What to do: Look below for the line containing "-- How a batch that is not refused ends."; from there, print each line exactly up to and including the line containing "pub answers : Answers db vs reps end.1", and stop.

Stored dataset items:
↓

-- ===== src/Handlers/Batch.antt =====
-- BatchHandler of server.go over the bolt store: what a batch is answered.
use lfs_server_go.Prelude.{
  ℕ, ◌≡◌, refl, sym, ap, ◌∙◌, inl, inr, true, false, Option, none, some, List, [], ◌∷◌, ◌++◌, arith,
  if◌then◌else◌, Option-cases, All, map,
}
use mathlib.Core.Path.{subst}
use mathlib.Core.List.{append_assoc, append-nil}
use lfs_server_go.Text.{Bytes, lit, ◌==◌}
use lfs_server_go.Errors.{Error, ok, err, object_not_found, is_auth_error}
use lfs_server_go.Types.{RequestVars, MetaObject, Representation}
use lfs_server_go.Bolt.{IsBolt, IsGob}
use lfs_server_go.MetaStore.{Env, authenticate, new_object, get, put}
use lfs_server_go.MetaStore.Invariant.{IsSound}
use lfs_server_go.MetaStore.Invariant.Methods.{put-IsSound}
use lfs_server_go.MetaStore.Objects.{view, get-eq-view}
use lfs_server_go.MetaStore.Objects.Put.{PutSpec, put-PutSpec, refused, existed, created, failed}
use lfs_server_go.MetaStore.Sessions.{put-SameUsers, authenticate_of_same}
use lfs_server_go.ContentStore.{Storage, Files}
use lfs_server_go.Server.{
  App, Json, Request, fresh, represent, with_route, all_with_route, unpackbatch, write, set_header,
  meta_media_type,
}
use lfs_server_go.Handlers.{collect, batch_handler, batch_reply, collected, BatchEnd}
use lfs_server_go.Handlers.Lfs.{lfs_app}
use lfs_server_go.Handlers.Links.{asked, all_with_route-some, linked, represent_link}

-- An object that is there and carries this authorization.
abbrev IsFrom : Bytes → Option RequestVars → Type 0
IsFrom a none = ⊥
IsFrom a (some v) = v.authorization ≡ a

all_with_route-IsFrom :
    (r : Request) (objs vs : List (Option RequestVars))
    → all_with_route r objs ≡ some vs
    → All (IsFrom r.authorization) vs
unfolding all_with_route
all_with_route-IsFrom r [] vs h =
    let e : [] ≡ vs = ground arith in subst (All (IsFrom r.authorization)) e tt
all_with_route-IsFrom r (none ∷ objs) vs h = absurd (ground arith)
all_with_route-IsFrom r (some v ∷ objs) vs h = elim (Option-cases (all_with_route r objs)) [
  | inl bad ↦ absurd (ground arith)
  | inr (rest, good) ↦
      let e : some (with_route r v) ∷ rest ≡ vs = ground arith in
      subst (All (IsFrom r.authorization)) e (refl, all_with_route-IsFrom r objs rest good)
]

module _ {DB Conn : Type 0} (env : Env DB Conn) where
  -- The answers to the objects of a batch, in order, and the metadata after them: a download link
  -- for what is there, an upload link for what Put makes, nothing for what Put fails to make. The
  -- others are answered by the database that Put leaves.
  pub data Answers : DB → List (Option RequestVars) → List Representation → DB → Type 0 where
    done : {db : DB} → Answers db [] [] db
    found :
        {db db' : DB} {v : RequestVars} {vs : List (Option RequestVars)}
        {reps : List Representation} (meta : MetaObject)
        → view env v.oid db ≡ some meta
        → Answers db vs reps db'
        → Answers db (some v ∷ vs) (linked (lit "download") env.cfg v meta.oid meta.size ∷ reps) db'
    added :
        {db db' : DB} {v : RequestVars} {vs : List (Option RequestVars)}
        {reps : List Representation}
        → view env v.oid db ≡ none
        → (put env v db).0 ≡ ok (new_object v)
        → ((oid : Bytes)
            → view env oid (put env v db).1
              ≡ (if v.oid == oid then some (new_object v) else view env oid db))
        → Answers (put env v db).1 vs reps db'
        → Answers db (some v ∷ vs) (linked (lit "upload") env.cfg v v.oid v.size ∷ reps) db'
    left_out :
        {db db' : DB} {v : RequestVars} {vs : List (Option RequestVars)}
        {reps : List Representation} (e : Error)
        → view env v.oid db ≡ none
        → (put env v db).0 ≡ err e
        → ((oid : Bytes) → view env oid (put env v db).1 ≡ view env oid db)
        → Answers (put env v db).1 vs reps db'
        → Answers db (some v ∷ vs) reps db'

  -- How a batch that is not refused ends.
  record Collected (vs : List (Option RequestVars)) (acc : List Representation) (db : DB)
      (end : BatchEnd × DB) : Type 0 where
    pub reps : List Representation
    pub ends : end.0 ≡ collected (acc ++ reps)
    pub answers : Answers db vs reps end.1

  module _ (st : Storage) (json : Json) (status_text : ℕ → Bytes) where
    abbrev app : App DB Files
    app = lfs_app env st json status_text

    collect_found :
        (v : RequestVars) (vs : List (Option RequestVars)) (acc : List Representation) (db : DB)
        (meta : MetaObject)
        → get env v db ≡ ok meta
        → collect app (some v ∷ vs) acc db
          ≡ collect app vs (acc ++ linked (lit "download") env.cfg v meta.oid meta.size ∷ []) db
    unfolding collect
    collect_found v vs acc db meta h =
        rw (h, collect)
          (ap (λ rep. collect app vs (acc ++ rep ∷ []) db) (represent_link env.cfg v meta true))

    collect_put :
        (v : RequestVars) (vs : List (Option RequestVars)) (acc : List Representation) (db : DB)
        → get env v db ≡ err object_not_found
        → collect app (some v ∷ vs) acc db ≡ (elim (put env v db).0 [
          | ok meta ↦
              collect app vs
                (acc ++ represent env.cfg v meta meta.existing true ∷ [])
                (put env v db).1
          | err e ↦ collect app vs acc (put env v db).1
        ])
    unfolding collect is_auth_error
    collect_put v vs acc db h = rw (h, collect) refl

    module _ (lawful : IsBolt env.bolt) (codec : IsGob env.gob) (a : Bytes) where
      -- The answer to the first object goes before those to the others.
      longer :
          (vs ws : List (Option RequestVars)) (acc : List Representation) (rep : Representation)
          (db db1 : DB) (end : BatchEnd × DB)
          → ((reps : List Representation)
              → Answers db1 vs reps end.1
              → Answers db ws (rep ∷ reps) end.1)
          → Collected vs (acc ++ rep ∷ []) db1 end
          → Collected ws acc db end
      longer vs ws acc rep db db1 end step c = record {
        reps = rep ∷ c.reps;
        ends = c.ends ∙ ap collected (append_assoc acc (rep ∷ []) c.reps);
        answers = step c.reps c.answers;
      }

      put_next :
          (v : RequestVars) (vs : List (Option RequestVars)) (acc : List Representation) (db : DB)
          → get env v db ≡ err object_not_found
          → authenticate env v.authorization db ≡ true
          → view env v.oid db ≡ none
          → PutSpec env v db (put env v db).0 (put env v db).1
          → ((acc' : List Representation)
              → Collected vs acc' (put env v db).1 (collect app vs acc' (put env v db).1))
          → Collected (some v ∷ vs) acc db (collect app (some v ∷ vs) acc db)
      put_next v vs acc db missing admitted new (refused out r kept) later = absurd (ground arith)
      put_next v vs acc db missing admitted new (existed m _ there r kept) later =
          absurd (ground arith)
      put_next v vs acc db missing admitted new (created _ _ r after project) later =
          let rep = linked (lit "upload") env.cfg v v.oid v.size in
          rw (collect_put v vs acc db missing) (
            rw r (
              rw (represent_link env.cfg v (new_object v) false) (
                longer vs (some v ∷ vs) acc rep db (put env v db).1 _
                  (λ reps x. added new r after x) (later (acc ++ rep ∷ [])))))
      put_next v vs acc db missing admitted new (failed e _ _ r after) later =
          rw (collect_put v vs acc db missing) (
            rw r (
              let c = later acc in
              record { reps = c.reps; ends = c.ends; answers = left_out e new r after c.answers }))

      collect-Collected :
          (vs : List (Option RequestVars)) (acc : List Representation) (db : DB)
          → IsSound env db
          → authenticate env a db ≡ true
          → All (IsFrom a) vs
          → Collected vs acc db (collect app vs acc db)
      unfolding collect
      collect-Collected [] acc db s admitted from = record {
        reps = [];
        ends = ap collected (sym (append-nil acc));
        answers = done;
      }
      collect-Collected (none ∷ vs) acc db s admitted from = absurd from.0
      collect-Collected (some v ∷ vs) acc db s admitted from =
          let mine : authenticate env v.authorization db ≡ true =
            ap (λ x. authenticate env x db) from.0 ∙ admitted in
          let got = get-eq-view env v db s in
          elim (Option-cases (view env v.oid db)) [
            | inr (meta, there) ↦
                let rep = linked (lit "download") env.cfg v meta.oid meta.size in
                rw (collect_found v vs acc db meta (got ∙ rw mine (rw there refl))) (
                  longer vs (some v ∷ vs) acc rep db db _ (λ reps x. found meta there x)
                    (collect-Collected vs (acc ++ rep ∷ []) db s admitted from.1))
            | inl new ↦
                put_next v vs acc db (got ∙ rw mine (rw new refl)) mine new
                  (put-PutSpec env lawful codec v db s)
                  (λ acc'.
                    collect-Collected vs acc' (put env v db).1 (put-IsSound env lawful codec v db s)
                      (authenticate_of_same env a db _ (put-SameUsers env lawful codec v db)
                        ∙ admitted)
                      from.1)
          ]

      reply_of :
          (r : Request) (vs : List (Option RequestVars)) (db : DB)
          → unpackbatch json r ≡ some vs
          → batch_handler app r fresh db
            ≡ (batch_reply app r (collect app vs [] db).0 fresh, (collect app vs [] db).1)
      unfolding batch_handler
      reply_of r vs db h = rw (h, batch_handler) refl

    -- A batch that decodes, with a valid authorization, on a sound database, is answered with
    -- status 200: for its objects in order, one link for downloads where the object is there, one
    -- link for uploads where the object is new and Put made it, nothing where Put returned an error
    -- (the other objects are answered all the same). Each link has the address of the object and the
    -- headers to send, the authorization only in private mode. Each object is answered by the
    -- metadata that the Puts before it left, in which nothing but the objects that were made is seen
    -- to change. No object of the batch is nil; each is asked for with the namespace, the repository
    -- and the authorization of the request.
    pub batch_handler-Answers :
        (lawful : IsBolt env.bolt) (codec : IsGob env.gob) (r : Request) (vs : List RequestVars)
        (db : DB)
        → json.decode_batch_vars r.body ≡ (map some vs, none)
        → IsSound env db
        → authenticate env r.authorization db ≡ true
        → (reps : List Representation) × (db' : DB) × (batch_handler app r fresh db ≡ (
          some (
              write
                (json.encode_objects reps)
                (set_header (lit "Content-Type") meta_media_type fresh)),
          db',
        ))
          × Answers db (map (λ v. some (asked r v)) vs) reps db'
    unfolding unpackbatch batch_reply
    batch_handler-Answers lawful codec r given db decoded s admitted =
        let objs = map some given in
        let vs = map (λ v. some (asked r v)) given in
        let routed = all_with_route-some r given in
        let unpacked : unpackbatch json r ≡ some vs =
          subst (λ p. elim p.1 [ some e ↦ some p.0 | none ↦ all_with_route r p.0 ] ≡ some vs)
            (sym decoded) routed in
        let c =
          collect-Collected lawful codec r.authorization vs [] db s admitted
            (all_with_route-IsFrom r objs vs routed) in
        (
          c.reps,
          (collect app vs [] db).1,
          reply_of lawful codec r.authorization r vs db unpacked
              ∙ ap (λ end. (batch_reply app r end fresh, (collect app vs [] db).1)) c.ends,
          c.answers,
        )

↑
↓

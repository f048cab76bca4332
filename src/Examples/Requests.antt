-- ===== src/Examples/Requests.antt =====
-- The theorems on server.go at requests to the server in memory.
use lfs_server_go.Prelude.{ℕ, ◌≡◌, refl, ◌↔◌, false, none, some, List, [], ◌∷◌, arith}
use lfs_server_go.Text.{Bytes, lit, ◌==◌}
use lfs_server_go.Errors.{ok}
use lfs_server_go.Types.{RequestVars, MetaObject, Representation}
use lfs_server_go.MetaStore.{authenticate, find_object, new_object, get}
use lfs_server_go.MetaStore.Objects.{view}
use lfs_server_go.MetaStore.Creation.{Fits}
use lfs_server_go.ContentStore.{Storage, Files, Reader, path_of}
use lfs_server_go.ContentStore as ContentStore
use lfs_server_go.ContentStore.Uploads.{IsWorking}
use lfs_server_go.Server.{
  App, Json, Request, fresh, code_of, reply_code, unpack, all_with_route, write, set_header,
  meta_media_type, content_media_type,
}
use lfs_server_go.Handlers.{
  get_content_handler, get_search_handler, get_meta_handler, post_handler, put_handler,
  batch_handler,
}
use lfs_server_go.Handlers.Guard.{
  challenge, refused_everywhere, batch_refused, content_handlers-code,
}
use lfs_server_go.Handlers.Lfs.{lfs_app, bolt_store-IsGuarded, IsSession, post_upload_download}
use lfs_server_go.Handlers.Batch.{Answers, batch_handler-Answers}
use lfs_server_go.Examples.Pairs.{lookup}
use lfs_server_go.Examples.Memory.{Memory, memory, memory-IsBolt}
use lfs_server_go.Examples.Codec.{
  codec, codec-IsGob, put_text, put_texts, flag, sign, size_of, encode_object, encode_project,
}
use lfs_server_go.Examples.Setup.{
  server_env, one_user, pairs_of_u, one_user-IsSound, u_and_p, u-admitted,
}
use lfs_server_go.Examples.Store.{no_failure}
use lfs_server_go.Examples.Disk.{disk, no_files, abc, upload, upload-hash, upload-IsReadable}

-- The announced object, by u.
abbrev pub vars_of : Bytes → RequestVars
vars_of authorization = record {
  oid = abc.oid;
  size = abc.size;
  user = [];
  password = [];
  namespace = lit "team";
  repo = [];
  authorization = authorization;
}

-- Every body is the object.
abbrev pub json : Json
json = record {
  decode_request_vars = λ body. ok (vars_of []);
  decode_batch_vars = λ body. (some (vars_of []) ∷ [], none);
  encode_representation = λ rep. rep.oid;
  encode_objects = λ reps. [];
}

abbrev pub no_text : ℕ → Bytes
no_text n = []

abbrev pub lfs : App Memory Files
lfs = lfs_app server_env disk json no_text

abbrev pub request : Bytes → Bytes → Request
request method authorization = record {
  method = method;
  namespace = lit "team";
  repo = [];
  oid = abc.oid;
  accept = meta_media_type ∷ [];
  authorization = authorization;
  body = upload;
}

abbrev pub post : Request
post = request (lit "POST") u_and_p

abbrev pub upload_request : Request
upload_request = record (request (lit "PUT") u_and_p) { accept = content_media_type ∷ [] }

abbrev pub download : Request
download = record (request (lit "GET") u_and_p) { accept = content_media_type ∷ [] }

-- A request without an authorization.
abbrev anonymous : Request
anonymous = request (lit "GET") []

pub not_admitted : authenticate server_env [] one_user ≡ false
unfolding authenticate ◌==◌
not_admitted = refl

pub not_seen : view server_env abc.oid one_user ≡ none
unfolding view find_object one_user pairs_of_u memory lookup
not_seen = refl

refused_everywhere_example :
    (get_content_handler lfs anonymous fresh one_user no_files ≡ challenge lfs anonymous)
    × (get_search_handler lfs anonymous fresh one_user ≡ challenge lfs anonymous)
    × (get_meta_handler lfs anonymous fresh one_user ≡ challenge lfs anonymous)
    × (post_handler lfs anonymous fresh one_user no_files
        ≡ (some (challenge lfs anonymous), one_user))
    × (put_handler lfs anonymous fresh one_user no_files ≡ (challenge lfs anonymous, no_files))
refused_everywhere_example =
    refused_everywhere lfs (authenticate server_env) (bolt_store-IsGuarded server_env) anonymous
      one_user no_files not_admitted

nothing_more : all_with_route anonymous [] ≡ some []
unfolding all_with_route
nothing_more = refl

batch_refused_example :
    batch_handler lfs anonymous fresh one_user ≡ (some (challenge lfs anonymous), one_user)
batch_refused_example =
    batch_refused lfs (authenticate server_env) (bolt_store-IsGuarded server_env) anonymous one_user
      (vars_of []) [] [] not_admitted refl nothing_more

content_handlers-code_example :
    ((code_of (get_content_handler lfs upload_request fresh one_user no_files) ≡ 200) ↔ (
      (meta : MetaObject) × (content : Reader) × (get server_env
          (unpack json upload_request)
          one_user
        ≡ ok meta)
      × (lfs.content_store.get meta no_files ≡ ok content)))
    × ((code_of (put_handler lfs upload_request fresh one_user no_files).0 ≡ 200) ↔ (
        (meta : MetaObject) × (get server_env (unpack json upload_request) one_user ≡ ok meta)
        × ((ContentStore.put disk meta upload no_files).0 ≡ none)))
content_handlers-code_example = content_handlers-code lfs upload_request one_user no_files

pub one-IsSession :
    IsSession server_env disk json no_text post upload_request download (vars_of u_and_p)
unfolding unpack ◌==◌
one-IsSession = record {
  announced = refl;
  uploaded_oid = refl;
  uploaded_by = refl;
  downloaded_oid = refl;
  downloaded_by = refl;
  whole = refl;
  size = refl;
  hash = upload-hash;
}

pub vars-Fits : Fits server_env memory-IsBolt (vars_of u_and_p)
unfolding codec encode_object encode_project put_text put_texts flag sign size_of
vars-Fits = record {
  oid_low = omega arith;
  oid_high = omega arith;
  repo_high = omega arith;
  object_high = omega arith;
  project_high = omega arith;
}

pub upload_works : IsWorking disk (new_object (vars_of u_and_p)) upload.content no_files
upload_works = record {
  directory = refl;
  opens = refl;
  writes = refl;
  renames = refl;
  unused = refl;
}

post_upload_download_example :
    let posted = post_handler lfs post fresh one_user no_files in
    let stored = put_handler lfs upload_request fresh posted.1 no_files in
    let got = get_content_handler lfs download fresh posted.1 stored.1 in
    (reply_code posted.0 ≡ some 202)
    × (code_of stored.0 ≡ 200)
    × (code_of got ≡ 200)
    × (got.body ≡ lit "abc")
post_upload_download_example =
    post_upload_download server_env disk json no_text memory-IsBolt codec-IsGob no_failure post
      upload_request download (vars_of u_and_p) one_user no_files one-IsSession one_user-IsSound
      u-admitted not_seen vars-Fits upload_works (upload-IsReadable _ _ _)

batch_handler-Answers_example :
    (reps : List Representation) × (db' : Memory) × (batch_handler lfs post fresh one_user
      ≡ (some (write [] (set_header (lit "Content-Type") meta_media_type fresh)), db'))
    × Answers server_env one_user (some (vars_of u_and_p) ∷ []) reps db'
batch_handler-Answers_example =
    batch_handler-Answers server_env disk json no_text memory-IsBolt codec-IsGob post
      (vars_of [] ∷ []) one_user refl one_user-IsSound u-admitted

↑

Result below:
  -- How a batch that is not refused ends.
  record Collected (vs : List (Option RequestVars)) (acc : List Representation) (db : DB)
      (end : BatchEnd × DB) : Type 0 where
    pub reps : List Representation
    pub ends : end.0 ≡ collected (acc ++ reps)
    pub answers : Answers db vs reps end.1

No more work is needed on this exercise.